_Your objective_: In the listing below, find the line that contains "Meets-bind (Meets-any _) λ counted." and the line that contains "check_failure-Settles job token payload key_error". Quote both and every line between them, exactly, and nothing more.

_Data to use_:
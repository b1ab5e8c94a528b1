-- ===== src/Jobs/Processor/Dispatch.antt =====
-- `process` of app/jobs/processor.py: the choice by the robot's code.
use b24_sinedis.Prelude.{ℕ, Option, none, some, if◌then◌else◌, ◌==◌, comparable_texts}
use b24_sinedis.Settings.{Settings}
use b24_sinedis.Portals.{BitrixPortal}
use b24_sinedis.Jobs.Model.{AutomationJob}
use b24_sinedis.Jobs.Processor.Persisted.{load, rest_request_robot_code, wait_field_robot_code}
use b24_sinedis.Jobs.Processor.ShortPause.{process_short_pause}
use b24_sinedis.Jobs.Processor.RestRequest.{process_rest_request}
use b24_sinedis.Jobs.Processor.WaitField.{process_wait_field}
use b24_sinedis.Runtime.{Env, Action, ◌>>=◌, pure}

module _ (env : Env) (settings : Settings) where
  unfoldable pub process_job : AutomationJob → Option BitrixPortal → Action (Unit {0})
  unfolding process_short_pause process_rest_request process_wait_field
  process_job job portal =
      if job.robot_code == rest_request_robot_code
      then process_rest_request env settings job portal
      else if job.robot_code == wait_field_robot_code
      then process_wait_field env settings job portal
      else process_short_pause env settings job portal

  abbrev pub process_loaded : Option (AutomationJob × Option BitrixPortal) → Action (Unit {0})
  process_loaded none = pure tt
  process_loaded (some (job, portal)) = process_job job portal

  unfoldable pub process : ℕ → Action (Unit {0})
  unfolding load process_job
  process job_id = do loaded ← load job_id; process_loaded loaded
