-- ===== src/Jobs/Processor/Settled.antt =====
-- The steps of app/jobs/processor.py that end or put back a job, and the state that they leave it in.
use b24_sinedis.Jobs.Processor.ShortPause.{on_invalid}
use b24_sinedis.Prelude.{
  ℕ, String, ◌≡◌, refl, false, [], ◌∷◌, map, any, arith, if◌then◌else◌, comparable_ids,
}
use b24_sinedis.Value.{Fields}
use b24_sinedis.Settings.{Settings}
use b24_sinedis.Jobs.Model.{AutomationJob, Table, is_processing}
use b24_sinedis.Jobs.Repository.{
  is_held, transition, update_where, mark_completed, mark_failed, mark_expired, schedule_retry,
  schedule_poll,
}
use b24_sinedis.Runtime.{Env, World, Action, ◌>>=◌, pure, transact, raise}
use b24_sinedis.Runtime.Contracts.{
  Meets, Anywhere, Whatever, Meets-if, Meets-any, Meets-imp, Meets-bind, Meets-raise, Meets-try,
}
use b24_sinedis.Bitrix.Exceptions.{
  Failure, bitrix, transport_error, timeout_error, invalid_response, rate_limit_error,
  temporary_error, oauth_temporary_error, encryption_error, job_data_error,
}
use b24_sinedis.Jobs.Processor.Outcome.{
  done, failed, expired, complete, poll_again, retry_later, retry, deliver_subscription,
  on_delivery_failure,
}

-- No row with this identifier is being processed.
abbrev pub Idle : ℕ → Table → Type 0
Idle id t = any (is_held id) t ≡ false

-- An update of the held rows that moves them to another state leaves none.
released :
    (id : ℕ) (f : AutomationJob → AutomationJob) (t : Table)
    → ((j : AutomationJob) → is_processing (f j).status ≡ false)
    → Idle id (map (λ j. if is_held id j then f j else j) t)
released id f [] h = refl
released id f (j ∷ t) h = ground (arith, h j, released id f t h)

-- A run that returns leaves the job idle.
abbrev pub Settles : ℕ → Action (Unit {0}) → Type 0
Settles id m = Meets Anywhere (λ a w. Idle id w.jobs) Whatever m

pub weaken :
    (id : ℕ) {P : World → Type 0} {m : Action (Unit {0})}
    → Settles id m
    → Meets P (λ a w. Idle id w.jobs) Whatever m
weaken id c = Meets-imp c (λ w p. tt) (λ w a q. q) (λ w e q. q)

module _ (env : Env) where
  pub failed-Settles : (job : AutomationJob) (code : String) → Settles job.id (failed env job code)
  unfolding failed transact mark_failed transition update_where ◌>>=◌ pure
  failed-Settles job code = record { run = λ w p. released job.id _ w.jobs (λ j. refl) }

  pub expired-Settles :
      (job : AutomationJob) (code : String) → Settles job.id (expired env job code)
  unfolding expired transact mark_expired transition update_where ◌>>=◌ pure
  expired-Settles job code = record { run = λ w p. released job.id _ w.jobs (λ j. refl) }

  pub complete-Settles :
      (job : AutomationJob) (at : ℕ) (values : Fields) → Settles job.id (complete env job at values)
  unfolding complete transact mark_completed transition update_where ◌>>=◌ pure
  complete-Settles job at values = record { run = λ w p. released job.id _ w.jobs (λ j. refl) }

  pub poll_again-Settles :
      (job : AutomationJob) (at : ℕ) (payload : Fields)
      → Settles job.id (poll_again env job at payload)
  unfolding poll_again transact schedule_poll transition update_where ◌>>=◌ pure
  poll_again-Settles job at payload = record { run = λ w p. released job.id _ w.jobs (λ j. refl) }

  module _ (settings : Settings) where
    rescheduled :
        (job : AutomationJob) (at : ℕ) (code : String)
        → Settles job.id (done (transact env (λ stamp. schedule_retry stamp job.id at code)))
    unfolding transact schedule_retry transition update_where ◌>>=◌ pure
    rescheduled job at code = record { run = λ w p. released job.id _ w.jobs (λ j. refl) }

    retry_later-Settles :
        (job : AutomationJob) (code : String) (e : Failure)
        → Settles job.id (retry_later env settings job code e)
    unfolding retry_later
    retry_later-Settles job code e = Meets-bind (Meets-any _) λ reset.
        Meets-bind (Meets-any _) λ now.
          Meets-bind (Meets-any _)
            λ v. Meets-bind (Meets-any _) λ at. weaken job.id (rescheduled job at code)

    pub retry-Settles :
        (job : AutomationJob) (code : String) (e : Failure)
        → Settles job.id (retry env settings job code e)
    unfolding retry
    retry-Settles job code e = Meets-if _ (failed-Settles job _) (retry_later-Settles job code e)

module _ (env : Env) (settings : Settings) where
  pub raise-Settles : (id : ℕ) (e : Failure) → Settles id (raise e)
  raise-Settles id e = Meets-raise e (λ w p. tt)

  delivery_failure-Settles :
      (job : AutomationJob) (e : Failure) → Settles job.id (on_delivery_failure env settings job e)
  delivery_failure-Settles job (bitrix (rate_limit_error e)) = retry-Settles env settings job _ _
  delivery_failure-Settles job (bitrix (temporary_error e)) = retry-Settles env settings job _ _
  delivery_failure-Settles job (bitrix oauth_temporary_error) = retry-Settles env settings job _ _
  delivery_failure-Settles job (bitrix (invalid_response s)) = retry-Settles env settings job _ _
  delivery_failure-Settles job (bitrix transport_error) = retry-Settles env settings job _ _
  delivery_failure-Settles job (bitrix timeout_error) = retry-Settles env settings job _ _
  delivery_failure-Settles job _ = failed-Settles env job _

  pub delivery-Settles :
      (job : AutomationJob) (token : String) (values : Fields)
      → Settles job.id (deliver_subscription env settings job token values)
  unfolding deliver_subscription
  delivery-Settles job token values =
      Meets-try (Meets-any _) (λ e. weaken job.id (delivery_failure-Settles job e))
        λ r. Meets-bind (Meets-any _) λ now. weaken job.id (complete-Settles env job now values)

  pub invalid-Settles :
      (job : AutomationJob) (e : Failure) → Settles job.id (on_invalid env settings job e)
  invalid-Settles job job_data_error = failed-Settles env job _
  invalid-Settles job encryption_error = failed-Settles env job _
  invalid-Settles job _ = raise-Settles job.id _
* * *
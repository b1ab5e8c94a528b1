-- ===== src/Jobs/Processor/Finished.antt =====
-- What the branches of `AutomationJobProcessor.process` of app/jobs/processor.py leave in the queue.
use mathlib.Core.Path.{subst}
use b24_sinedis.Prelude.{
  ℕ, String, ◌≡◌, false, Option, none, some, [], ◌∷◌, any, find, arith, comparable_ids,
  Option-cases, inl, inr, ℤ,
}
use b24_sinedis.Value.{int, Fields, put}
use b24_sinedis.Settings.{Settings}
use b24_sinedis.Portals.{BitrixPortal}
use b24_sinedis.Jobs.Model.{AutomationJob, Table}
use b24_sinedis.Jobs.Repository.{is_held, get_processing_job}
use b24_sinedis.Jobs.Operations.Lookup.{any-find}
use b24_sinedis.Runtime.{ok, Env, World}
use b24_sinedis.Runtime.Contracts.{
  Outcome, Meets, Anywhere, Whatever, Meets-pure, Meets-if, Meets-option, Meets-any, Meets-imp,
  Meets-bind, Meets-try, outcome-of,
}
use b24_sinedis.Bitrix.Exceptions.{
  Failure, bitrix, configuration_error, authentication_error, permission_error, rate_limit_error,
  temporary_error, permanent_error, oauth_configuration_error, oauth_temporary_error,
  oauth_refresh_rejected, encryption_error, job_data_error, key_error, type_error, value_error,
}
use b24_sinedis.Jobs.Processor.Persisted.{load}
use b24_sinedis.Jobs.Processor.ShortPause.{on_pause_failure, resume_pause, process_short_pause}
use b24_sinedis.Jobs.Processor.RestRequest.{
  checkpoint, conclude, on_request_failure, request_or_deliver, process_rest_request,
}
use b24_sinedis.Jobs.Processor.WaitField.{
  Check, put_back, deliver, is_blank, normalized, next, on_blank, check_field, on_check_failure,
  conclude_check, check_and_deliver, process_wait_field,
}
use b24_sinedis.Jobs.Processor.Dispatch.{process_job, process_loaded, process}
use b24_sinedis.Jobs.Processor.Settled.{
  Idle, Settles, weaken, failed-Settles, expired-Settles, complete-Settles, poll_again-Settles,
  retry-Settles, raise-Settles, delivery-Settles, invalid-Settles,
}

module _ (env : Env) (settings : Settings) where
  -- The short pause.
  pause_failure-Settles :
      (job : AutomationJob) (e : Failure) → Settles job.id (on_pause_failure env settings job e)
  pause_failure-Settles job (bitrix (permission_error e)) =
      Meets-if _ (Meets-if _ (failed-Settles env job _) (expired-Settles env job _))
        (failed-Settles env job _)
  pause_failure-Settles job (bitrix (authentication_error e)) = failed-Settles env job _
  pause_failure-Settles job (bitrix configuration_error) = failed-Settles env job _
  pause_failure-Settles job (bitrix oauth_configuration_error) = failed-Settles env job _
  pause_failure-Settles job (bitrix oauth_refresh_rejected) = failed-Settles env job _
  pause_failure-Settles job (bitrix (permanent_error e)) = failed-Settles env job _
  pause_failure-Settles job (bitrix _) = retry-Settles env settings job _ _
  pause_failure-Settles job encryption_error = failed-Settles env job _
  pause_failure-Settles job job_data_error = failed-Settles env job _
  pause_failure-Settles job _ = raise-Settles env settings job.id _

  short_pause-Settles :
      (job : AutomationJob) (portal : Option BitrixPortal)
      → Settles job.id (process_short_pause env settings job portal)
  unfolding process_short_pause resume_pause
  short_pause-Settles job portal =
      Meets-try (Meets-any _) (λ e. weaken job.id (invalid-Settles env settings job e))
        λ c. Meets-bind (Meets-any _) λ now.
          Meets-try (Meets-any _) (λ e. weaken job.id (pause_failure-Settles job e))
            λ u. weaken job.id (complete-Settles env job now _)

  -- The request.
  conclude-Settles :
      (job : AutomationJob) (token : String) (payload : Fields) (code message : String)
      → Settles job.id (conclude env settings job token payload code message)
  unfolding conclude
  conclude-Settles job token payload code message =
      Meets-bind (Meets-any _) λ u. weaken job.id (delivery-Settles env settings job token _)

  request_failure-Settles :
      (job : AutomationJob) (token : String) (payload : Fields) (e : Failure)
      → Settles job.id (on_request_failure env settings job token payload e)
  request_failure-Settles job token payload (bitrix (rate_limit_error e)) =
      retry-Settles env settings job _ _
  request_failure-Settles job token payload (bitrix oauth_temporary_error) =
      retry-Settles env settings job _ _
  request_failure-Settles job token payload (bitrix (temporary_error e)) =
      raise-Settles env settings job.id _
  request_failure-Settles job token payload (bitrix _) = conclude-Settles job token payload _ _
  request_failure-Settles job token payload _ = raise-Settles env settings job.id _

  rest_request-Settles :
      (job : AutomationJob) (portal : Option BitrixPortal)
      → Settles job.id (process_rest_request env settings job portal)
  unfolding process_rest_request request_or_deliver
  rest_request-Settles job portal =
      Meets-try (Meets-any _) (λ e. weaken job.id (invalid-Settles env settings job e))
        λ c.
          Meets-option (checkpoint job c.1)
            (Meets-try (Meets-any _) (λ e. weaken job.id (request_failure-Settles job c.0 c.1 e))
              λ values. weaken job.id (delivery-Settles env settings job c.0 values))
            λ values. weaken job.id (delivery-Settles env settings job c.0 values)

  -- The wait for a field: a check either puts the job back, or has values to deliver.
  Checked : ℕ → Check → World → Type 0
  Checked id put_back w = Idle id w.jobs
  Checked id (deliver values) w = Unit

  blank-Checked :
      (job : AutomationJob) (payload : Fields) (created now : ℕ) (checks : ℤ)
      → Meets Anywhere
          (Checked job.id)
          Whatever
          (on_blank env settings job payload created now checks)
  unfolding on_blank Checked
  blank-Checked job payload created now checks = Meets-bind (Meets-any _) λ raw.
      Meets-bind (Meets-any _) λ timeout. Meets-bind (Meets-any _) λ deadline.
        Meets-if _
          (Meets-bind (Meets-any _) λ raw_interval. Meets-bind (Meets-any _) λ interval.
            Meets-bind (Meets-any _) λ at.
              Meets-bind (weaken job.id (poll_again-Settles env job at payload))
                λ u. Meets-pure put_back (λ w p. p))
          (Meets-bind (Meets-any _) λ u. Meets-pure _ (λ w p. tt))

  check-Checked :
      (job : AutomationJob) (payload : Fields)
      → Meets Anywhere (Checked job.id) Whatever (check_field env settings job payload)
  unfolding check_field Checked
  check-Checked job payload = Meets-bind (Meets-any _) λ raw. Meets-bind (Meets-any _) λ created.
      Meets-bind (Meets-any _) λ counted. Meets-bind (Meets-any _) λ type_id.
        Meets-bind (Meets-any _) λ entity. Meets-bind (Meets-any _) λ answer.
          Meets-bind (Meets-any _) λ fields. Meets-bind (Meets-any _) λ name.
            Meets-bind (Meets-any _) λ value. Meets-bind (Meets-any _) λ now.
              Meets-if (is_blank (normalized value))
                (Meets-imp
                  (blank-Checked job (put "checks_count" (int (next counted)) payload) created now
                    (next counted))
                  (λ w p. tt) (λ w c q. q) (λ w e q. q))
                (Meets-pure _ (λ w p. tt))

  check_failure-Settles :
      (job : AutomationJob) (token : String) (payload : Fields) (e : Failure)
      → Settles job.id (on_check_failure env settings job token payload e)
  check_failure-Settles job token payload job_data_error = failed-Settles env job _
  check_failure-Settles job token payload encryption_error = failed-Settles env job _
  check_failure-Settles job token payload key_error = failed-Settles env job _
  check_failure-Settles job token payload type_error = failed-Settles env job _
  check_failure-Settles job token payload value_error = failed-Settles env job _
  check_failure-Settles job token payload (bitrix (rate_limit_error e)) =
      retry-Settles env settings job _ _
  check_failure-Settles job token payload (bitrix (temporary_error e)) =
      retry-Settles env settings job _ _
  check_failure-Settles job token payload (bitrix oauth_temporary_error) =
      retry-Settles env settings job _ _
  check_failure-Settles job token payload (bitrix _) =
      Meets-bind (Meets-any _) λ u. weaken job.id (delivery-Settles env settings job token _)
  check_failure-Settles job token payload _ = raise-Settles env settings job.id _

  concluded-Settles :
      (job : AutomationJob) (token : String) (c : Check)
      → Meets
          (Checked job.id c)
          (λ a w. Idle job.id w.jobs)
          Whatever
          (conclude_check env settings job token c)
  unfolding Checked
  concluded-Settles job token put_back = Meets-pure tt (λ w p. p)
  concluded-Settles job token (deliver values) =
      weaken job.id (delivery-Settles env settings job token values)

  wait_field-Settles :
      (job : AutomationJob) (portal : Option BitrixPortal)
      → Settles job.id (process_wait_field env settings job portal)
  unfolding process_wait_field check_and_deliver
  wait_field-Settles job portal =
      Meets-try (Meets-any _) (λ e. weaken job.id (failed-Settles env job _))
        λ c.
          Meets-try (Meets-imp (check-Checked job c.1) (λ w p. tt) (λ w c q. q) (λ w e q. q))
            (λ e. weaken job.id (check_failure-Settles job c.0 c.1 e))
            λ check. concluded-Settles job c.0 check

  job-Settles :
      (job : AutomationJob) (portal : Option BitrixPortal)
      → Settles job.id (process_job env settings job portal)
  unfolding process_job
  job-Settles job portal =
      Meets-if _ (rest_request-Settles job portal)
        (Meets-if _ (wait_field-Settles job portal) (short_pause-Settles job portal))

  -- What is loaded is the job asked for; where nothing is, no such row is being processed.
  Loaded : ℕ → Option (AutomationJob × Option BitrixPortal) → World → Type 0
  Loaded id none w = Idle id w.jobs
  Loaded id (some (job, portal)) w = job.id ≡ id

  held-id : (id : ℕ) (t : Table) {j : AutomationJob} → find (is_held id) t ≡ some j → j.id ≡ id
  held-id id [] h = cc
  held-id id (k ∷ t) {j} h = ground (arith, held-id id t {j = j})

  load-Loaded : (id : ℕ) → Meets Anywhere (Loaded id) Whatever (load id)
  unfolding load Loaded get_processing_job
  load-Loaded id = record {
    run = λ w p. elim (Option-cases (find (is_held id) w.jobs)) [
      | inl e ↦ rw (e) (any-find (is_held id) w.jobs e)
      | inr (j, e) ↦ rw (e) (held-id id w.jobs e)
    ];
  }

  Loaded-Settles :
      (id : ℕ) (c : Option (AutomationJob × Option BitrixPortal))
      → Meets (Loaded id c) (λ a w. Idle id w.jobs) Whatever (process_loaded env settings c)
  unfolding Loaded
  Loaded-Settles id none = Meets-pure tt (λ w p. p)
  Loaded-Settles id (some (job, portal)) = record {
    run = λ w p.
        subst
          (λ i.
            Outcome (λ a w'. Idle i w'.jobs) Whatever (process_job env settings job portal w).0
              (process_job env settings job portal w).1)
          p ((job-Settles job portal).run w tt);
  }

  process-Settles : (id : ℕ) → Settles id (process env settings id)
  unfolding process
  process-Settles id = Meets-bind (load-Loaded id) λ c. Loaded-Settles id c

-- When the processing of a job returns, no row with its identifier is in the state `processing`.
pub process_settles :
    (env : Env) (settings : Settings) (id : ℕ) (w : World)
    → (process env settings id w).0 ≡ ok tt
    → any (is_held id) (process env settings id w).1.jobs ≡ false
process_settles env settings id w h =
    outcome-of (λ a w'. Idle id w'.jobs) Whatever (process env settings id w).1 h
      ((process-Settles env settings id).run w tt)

_Output below_:
      Meets-bind (Meets-any _) λ counted. Meets-bind (Meets-any _) λ type_id.
        Meets-bind (Meets-any _) λ entity. Meets-bind (Meets-any _) λ answer.
          Meets-bind (Meets-any _) λ fields. Meets-bind (Meets-any _) λ name.
            Meets-bind (Meets-any _) λ value. Meets-bind (Meets-any _) λ now.
              Meets-if (is_blank (normalized value))
                (Meets-imp
                  (blank-Checked job (put "checks_count" (int (next counted)) payload) created now
                    (next counted))
                  (λ w p. tt) (λ w c q. q) (λ w e q. q))
                (Meets-pure _ (λ w p. tt))

  check_failure-Settles :
      (job : AutomationJob) (token : String) (payload : Fields) (e : Failure)
      → Settles job.id (on_check_failure env settings job token payload e)
  check_failure-Settles job token payload job_data_error = failed-Settles env job _
  check_failure-Settles job token payload encryption_error = failed-Settles env job _
  check_failure-Settles job token payload key_error = failed-Settles env job _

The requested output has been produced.